Material supplied →
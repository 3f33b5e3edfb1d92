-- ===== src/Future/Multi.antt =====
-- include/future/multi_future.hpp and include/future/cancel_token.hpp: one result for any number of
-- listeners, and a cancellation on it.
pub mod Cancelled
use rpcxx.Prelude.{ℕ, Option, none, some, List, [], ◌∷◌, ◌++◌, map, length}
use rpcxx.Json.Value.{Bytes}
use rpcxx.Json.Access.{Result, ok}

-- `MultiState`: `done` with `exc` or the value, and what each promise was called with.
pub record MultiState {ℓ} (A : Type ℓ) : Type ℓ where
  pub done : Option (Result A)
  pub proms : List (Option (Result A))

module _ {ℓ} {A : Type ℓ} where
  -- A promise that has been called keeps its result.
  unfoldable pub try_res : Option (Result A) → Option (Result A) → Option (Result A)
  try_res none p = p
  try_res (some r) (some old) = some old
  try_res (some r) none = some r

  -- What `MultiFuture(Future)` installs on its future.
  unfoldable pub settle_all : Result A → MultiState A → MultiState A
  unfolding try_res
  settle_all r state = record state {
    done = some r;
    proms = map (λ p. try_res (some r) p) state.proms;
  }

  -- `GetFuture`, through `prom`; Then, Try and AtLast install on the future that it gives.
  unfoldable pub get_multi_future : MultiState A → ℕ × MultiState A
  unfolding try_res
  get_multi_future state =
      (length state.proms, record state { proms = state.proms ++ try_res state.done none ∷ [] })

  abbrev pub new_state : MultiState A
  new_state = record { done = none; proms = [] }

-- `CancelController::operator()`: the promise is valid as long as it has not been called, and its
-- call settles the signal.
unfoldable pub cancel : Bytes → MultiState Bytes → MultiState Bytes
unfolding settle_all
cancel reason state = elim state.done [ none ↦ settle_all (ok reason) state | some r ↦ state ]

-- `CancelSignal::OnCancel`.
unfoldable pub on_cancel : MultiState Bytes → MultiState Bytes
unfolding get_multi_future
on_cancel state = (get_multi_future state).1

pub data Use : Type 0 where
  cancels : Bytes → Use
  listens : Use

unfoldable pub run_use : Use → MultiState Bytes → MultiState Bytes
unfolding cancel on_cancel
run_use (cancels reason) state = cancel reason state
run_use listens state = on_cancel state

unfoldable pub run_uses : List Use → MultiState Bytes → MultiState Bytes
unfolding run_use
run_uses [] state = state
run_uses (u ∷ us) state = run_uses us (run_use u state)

How to complete this task → Out of the entries, pull every line that mentions "some".

Solution for this problem →
use rpcxx.Prelude.{ℕ, Option, none, some, List, [], ◌∷◌, ◌++◌, map, length}
  try_res (some r) (some old) = some old
  try_res (some r) none = some r
    done = some r;
    proms = map (λ p. try_res (some r) p) state.proms;
cancel reason state = elim state.done [ none ↦ settle_all (ok reason) state | some r ↦ state ]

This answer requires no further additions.